Jim Clark: Randy Kirner, and Nevada’s PERS problem (opinion)
Randy Kirner has represented Incline Village/Crystal Bay in the Nevada Assembly since 2010.
Always affable, pleasant and constituent-oriented, it’s hard to picture him as a trained killer, but he did serve as an Army Ranger, Master Paratrooper and Pathfinder with the 101st Airborne Division earning a bronze star, air medal, combat infantryman’s badge and Army commendation medal for service in Vietnam.
Following the military, Randy earned advanced management degrees and launched into a distinguished career in industry. His last employment was as vice president and human resources director for International Game Technology from which he retired. Gov. Kenny Guinn (R-NV) twice appointed him to Nevada’s Public Employees’ Benefits Program Board; he was reappointed by Gov. Jim Gibbons (R-NV).
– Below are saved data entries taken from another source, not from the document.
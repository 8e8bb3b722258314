-- ===== src/UnitValue/Paths.antt =====
-- UnitPaths and unitPathsFor. `systemd-escape -p` is an argument: none when the command fails,
-- otherwise what it prints.
use kde_nasmount.Prelude.{Option, none, some, ◌++◌, if◌then◌else◌, Result, ok, err}
use kde_nasmount.Qt.{Qt, trimmed}
use kde_nasmount.Text.{Text, codes, is_empty}

pub record UnitPaths : Type 0 where
  pub unit_name : Text
  pub mount_unit_path : Text
  pub automount_unit_path : Text

pub data PathsError : Type 0 where
  escape_failed empty_name : PathsError

abbrev pub unit_directory : Text
unit_directory = codes "/etc/systemd/system/"

abbrev pub paths_of : Text → UnitPaths
paths_of name = record {
  unit_name = name;
  mount_unit_path = unit_directory ++ (name ++ codes ".mount");
  automount_unit_path = unit_directory ++ (name ++ codes ".automount");
}

unfoldable pub unit_paths_for : Qt → (Text → Option Text) → Text → Result PathsError UnitPaths
unfolding trimmed
unit_paths_for qt systemd_escape mount_point = elim (systemd_escape mount_point) [
  | none ↦ err escape_failed
  | some output ↦
      (let name = trimmed qt output in if is_empty name then err empty_name else ok (paths_of name))
]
Sadly, Randy chose not to run for reelection this year, and his third and last term in the Assembly will end after the November election, albeit he and his colleagues are in special session wrestling with a proposed Las Vegas room tax increase to help pay for a stadium to house the Oakland Raiders.
Throughout his legislative career, Randy has sounded warnings about the financial viability of Nevada’s Public Employees’ Retirement System (PERS) but few people listened.
Too bad! PERS is like Social Security in that it guarantees Nevada’s state, county, city, school, police, fire and agency workers a pension calculated as a percentage of their highest average salary. The amount of that pension is estimated when a worker comes into the system and the employing agency must contribute 28% of the worker’s salary (40.5% for police and fire staff) to the PERS System (most employing agencies pay half and the worker pays half).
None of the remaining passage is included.